Why not treat words as fixed effects?
An alternative to a word-level random effect would be a fixed effect for each word: include item as a factor in the model.
M26 <- lmer(rt ~ freq2 + item + (freq2 | participant), data = blp_df)fixed-effect model matrix is rank deficient so dropping 1 column / coefficient
This model estimates a separate intercept for each word. The random effect approach instead treats the words as a sample from the population of English words and models the distribution of word-specific effects. This is conceptually the same choice as between fixed and random effects for participants: the random effect is appropriate when the groups are a sample from a larger population and we want to generalise to that population.
For psycholinguistic studies, the random effects approach for both participants and words is standard. The influential critique by Clark (1973) showed that treating items as fixed effects leads to anticonservative inference when the research question is about the population of words.
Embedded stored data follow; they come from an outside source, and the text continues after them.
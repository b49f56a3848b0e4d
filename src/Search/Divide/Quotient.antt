-- ===== src/Search/Divide/Quotient.antt =====
-- What divide returns, and the cases that it begins with.
use geektime.Prelude.{
  ℕ, zero, suc, ◌+◌, ◌*◌, ◌/◌, ◌^◌, ◌<◌, ◌≤◌, ◌≡◌, ◌⊎◌, inl, inr, refl, sym, none, some, Bool, ◌==◌,
  ◌&&◌, if◌then◌else◌, arith, Bool-cases, true, false,
}
use native.Mathlib.Nat.{zero-div, div-le_self, div-eq_of_lt, div-lt_self}
use geektime.Prelude.Integer.{ℤ, pos, negsuc}
use geektime.Search.Divide.{negative, int_max, int_min, eq_int, magnitude, flag, signed, early}

abbrev pub IsInt : ℤ → Type 0
IsInt (pos n) = n < 2 ^ 31
IsInt (negsuc n) = n < 2 ^ 31

-- a / b without its fraction.
abbrev pub quotient : ℤ → ℤ → ℤ
quotient (pos m) (pos n) = pos (m / n)
quotient (pos m) (negsuc n) = negative (m / suc n)
quotient (negsuc m) (pos n) = negative (suc m / n)
quotient (negsuc m) (negsuc n) = pos (suc m / suc n)

-- INT_MAX in place of the only quotient that is no `int`.
abbrev pub expected : ℤ → ℤ → ℤ
expected a b = if eq_int a int_min && eq_int b (negsuc 0) then pos int_max else quotient a b

-- What is left to do after the first tests.
pub record IsPlain (a b : ℤ) : Type 0 where
  pub falls : early a b ≡ none
  pub dividend : magnitude a ≤ 2 ^ 31
  pub divisor : magnitude b < 2 ^ 31
  pub fits : magnitude a / magnitude b < 2 ^ 31
  pub result : expected a b ≡ signed (flag a b) (magnitude a / magnitude b)

-- A quotient that is 0 has no sign.
signed-zero : (turned : Bool) (b : ℕ) → signed turned (0 / b) ≡ pos (0 / b)
signed-zero false b = refl
signed-zero true b = rw (zero-div b) refl

from_pos : (m n : ℕ) → negative (m / suc n) ≡ signed (flag (pos m) (negsuc n)) (m / suc n)
from_pos zero n = signed-zero true (suc n)
from_pos (suc m) n = refl

pub div_unique : (a b q : ℕ) → q * b ≤ a → a < q * b + b → q ≡ a / b
div_unique a b q low high = grind arith

pub early-cases :
    (a b : ℤ)
    → IsInt a
    → IsInt b
    → 1 ≤ magnitude b
    → (early a b ≡ some (expected a b)) ⊎ IsPlain a b
unfolding early
early-cases (pos zero) (pos (suc n)) ha hb pos_b = inr (record {
  falls = refl;
  dividend = omega arith;
  divisor = hb;
  fits = omega (arith, div-le_self 0 (suc n));
  result = sym (signed-zero true (suc n));
})
early-cases (pos (suc m)) (pos (suc n)) ha hb pos_b = inr (record {
  falls = refl;
  dividend = omega arith;
  divisor = hb;
  fits = omega (arith, div-le_self (suc m) (suc n));
  result = refl;
})
early-cases (pos m) (pos zero) ha hb pos_b = absurd (omega arith)
early-cases (pos m) (negsuc n) ha hb pos_b = elim (Bool-cases (n == int_max)) [
  | inl least ↦ let less : m < suc n = ground arith in inl (rw (least, div-eq_of_lt less) refl)
  | inr other ↦
      let small : suc n < 2 ^ 31 = ground arith in
      inr (record {
        falls = rw other refl;
        dividend = omega arith;
        divisor = small;
        fits = omega (arith, div-le_self m (suc n));
        result = from_pos m n;
      })
]
early-cases (negsuc m) (pos zero) ha hb pos_b = absurd (omega arith)
early-cases (negsuc m) (pos (suc n)) ha hb pos_b = elim (Bool-cases (m == int_max)) [
  | inr other ↦ inr (record {
    falls = rw other refl;
    dividend = omega arith;
    divisor = hb;
    fits = let le = div-le_self (suc m) (suc n) in ground arith;
    result = rw other refl;
  })
  | inl least ↦ elim (Bool-cases (suc n == 1)) [
    | inl one ↦
        let e : n ≡ 0 = ground arith in let e' : m ≡ int_max = ground arith in inl (rw (e, e') refl)
    | inr more ↦ inr (record {
      falls = rw (least, more) refl;
      dividend = ground arith;
      divisor = hb;
      fits =
          let less = div-lt_self {n = suc m} {k = suc n} (omega arith) (ground arith) in
          omega arith;
      result = rw least refl;
    })
  ]
]
early-cases (negsuc m) (negsuc n) ha hb pos_b = elim (Bool-cases (n == int_max)) [
  | inl least ↦
      let e : n ≡ int_max = ground arith in
      elim (Bool-cases (m == int_max)) [
        | inl both ↦ let e' : m ≡ int_max = ground arith in inl (rw (e, e') refl)
        | inr other ↦
            let less : suc m < suc n = ground arith in
            inl (rw (other, least, div-eq_of_lt less) refl)
      ]
  | inr other ↦
      let small : suc n < 2 ^ 31 = ground arith in
      elim (Bool-cases (m == int_max)) [
        | inr plain ↦ inr (record {
          falls = rw (plain, other) refl;
          dividend = omega arith;
          divisor = small;
          fits = let le = div-le_self (suc m) (suc n) in ground arith;
          result = rw plain refl;
        })
        | inl least ↦ elim (Bool-cases (n == 0)) [
          | inl one ↦ inl (rw (least, one) refl)
          | inr more ↦ inr (record {
            falls = rw (least, more, other) refl;
            dividend = omega arith;
            divisor = small;
            fits =
                let less = div-lt_self {n = suc m} {k = suc n} (omega arith) (ground arith) in
                omega arith;
            result = rw (least, more) refl;
          })
        ]
      ]
]
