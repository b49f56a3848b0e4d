-- ===== src/Search/Divide/Doubling.antt =====
-- The version of divide that doubles the divisor.
use geektime.Prelude.{
  ℕ, zero, suc, ◌+◌, ◌-◌, ◌*◌, ◌/◌, ◌^◌, ◌<◌, ◌≤◌, ◌≡◌, inl, inr, refl, ap, some, ltb, leb, arith,
  Bool-cases, add_checked-some,
}
use native.Mathlib.Nat.{le-div_iff_mul-le}
use geektime.Search.Divide.{add_negative, double_loop, divide_loop}
use geektime.Search.Divide.Quotient.{div_unique}

pub add_negative-some : (x y : ℕ) → x + y ≤ 2 ^ 31 → add_negative x y ≡ some (x + y)
unfolding add_negative
add_negative-some x y h = ground arith

module _ (whole b : ℕ) (pos : 1 ≤ b) (small : whole ≤ 2 ^ 31) (fits : whole / b < 2 ^ 31) where
  -- A number of times that b fits is an `int`.
  times_fit : (t : ℕ) → t * b ≤ whole → t < 2 ^ 31
  times_fit t h = let le : t ≤ whole / b = (le-div_iff_mul-le pos).1 h in omega arith

  double_loop-fits :
      (fuel a div times : ℕ)
      → a ≤ whole
      → div ≡ times * b
      → 1 ≤ times
      → div ≤ a
      → a < div + fuel
      → (d t : ℕ) × (double_loop fuel a div times ≡ some (d, t)) × (d ≡ t * b) × (1 ≤ t) × (d ≤ a)
  unfolding double_loop
  double_loop-fits zero a div times within is one le more = absurd (omega arith)
  double_loop-fits (suc fuel) a div times within is one le more =
      let pos_div : 1 ≤ div = grind arith in
      elim (Bool-cases (leb div (2 ^ 30))) [
        | inr large ↦ (div, times, rw large refl, is, one, le)
        | inl on ↦
            let sum = add_negative-some div div (ground arith) in
            elim (Bool-cases (ltb a (div + div))) [
              | inl over ↦ (div, times, rw (on, sum, over) refl, is, one, le)
              | inr room ↦
                  let le' : div + div ≤ a = ground arith in
                  let is' : div + div ≡ (times + times) * b = omega arith in
                  let sum' =
                    add_checked-some times times (times_fit (times + times) (omega arith)) in
                  let (d, t, run, f1, f2, f3) =
                    double_loop-fits fuel a (div + div) (times + times) within is' (omega arith) le'
                      (omega arith) in
                  (d, t, rw (on, sum, room, sum') run, f1, f2, f3)
            ]
      ]

  pub divide_loop-quotient :
      (fuel a ans : ℕ)
      → ans * b + a ≡ whole
      → a < fuel
      → divide_loop fuel a b ans ≡ some (whole / b)
  unfolding divide_loop
  divide_loop-quotient zero a ans is more = absurd (omega arith)
  divide_loop-quotient (suc fuel) a ans is more = elim (Bool-cases (leb b a)) [
    | inr done ↦
        let less : a < b = ground arith in
        rw done (ap some (div_unique whole b ans (omega arith) (omega arith)))
    | inl on ↦
        let le : b ≤ a = ground arith in
        let (d, t, run, e, one, le') =
          double_loop-fits (suc a) a b 1 (omega arith) (omega arith) (omega arith) le
            (omega arith) in
        let pos_d : 1 ≤ d = grind arith in
        let sum = add_checked-some ans t (times_fit (ans + t) (omega arith)) in
        rw (on, run, sum) (divide_loop-quotient fuel (a - d) (ans + t) (omega arith) (omega arith))
  ]
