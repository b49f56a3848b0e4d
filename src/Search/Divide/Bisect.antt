-- ===== src/Search/Divide/Bisect.antt =====
-- The version of divide that searches the quotient, and its quickAdd.
use geektime.Prelude.{
  ℕ, zero, suc, ◌+◌, ◌*◌, ◌/◌, ◌%◌, ◌^◌, ◌<◌, ◌≤◌, ◌≡◌, ◌⊎◌, inl, inr, refl, ap, ◌∙◌, none, some,
  ltb, leb, ◌==◌, arith, Bool-cases, true, false,
}
use native.Mathlib.Nat.{div-lt_iff_lt-mul}
use geektime.Search.{middle}
use geektime.Search.Insert.{middle_between}
use geektime.Search.Divide.{
  int_max, exceeds, total_step, add_step, quick_loop, quick_add, bisect_loop,
}
use geektime.Search.Divide.Quotient.{div_unique}
use geektime.Search.Divide.Doubling.{add_negative-some}

exceeds-some :
    (a add total : ℕ)
    → (add < 2 ^ 31) ⊎ (add ≤ a)
    → exceeds a add total ≡ some (ltb a (add + total))
unfolding exceeds
exceeds-some a add total (inl h) = ground arith
exceeds-some a add total (inr h) = ground arith

halves : (times add : ℕ) → times * add ≡ times / 2 * (add + add) + times % 2 * add
halves times add =
    let whole : times ≡ times / 2 + times / 2 + times % 2 = omega arith in
    let product = ap (λ (t : ℕ). t * add) whole in omega arith

module _ (a add : ℕ) (small : a ≤ 2 ^ 31) (pos : 1 ≤ add) (bound : (add < 2 ^ 31) ⊎ (add ≤ a)) where
  total_step-cases :
      (ans times : ℕ)
      → ans ≤ a
      → ((total_step a add ans times ≡ some none) × (a < ans + times * add))
        ⊎ ((ans' : ℕ) × (total_step a add ans times ≡ some (some ans'))
            × (ans' ≤ a)
            × (ans + times * add ≡ ans' + times / 2 * (add + add)))
  unfolding total_step
  total_step-cases ans times le =
      let split = halves times add in
      elim (Bool-cases (times % 2 == 1)) [
        | inr even ↦
            let none_left : times % 2 ≡ 0 = ground arith in
            let gone : times % 2 * add ≡ 0 * add = ap (λ (t : ℕ). t * add) none_left in
            inr (ans, rw even refl, le, omega arith)
        | inl odd ↦
            let one : times % 2 ≡ 1 = ground arith in
            let once : times % 2 * add ≡ 1 * add = ap (λ (t : ℕ). t * add) one in
            let test = exceeds-some a add ans bound in
            elim (Bool-cases (ltb a (add + ans))) [
              | inl over ↦
                  let more : a < add + ans = ground arith in
                  inl (rw (odd, test, over) refl, omega arith)
              | inr room ↦
                  let fits : ans + add ≤ a = ground arith in
                  let sum = add_negative-some ans add (omega arith) in
                  inr (ans + add, rw (odd, test, room, sum) refl, fits, omega arith)
            ]
      ]

  add_step-cases :
      (times : ℕ)
      → 1 ≤ times
      → ((add_step a add times ≡ some none) × (a < times / 2 * (add + add)))
        ⊎ ((add' : ℕ) × (add_step a add times ≡ some (some add'))
            × (1 ≤ add')
            × ((add' < 2 ^ 31) ⊎ (add' ≤ a))
            × (times / 2 * (add + add) ≡ times / 2 * add'))
  unfolding add_step
  add_step-cases times once = elim (Bool-cases (times == 1)) [
    | inl one ↦
        let none_left : times / 2 ≡ 0 = ground arith in
        let gone = ap (λ (t : ℕ). t * (add + add)) none_left in
        let gone' = ap (λ (t : ℕ). t * add) none_left in
        inr (add, rw one refl, pos, bound, omega arith)
    | inr many ↦
        let half : 1 ≤ times / 2 = ground arith in
        let test = exceeds-some a add add bound in
        elim (Bool-cases (ltb a (add + add))) [
          | inl over ↦
              let more : a < add + add = ground arith in
              let large : add + add ≤ times / 2 * (add + add) = grind arith in
              inl (rw (many, test, over) refl, omega arith)
          | inr room ↦
              let fits : add + add ≤ a = ground arith in
              let sum = add_negative-some add add (omega arith) in
              inr (add + add, rw (many, test, room, sum) refl, omega arith, inr fits, refl)
        ]
  ]

leb-false : (x a : ℕ) → a < x → leb x a ≡ false
leb-false x a h = ground arith

quick_loop-leb :
    (fuel a add ans times : ℕ)
    → a ≤ 2 ^ 31
    → 1 ≤ add
    → (add < 2 ^ 31) ⊎ (add ≤ a)
    → ans ≤ a
    → times < fuel
    → quick_loop fuel a add ans times ≡ some (leb (ans + times * add) a)
unfolding quick_loop
quick_loop-leb zero a add ans times small pos bound le more = absurd (omega arith)
quick_loop-leb (suc fuel) a add ans times small pos bound le more = elim (Bool-cases (times == 0)) [
  | inl done ↦
      let gone : times ≡ 0 = ground arith in
      let yes' : leb (ans + times * add) a ≡ true = rw gone (ground arith) in rw (done, yes') refl
  | inr on ↦ elim (total_step-cases a add small pos bound ans times le) [
    | inl (run, over) ↦ rw (on, run, leb-false (ans + times * add) a over) refl
    | inr (ans', run, le', split) ↦
        elim (add_step-cases a add small pos bound times (ground arith)) [
          | inl (run', over) ↦
              rw (on, run, run', leb-false (ans + times * add) a (omega arith)) refl
          | inr (add', run', pos', bound', same) ↦
              let sum : ans + times * add ≡ ans' + times / 2 * add' = omega arith in
              rw (on, run, run', sum)
                (quick_loop-leb fuel a add' ans' (times / 2) small pos' bound' le' (ground arith))
        ]
  ]
]

pub quick_add-leb :
    (a b times : ℕ)
    → a ≤ 2 ^ 31
    → 1 ≤ b
    → b < 2 ^ 31
    → quick_add a b times ≡ some (leb (times * b) a)
unfolding quick_add
quick_add-leb a b times small pos bound =
    let nothing : 0 + times * b ≡ times * b = omega arith in
    quick_loop-leb (suc times) a b 0 times small pos (inl bound) (omega arith) (omega arith)
    ∙ ap (λ (t : ℕ). some (leb t a)) nothing

module _ (a b : ℕ) (small : a ≤ 2 ^ 31) (pos : 1 ≤ b) (bound : b < 2 ^ 31)
    (fits : a / b < 2 ^ 31) where
  last_above : (hi : ℕ) → (hi ≡ 2 ^ 31) ⊎ (a < hi * b) → a < hi * b
  last_above hi (inl e) =
      let most : a < 2 ^ 31 * b = (div-lt_iff_lt-mul pos).0 fits in
      let product = ap (λ (t : ℕ). t * b) e in omega arith
  last_above hi (inr h) = h

  pub bisect_loop-quotient :
      (fuel l hi ans : ℕ)
      → l ≤ hi
      → hi ≤ 2 ^ 31
      → hi < l + fuel
      → (l ≡ 0) ⊎ ((l ≡ suc ans) × (ans * b ≤ a))
      → (hi ≡ 2 ^ 31) ⊎ (a < hi * b)
      → bisect_loop fuel a b l hi ans ≡ some (a / b)
  unfolding bisect_loop
  bisect_loop-quotient zero l hi ans le top more low high = absurd (omega arith)
  bisect_loop-quotient (suc fuel) l hi ans le top more low high =
      let most : a < 2 ^ 31 * b = (div-lt_iff_lt-mul pos).0 fits in
      elim (Bool-cases (ltb l hi)) [
        | inr over ↦
            let same : hi ≡ l = ground arith in
            let above : a < hi * b = last_above hi high in
            elim low [
              | inl start ↦ let gone = ap (λ (t : ℕ). t * b) (same ∙ start) in absurd (omega arith)
              | inr (next, below) ↦
                  let step = ap (λ (t : ℕ). t * b) (same ∙ next) in
                  rw over (ap some (div_unique a b ans below (omega arith)))
            ]
        | inl on ↦
            let mid = middle l hi in
            let (from, to) = middle_between l hi (ground arith) in
            let test = quick_add-leb a b mid small pos bound in
            elim (Bool-cases (leb (mid * b) a)) [
              | inr not_lessed ↦
                  let over : a < mid * b = ground arith in
                  rw (on, test, not_lessed)
                    (bisect_loop-quotient fuel l mid ans from (omega arith) (omega arith) low
                      (inr over))
              | inl lessed ↦
                  let below : mid * b ≤ a = ground arith in
                  elim (Bool-cases (mid == int_max)) [
                    | inl greatest ↦
                        let e : mid ≡ int_max = ground arith in
                        let product = ap (λ (t : ℕ). t * b) e in
                        rw (on, test, lessed, greatest)
                          (ap some (div_unique a b mid below (omega arith)))
                    | inr smaller ↦
                        rw (on, test, lessed, smaller)
                          (bisect_loop-quotient fuel (suc mid) hi mid to top (omega arith)
                            (inr (refl, below)) high)
                  ]
            ]
      ]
The model as a crossed random effects design
The structure of M25 can be written explicitly:
\[ \begin{aligned} y_i &\sim N(\mu_i, \sigma^2), \\ \mu_i &= \beta_{[s_i]} + \gamma_{[w_i]}, \\ \beta_j &\sim N(b_s, \tau_s^2), \quad j = 1, \ldots, J, \\ \gamma_k &\sim N(b_w, \tau_w^2), \quad k = 1, \ldots, K, \end{aligned} \]
where \(s_i\) indexes the participant for observation \(i\) and \(w_i\) indexes the word. The participant effects \(\beta_j\) and word effects \(\gamma_k\) are independent of each other.
In practice this means lmer allows the two random effects terms to vary independently, and the (freq2 | participant) and (1 | item) terms are not linked. This is the defining feature of crossed random effects: independence between the two grouping factors.
In a nested model, by contrast, the class-level random effects are constrained to be nested within school-level random effects. The / syntax in (1 | schoolid / classid2) encodes that dependence explicitly.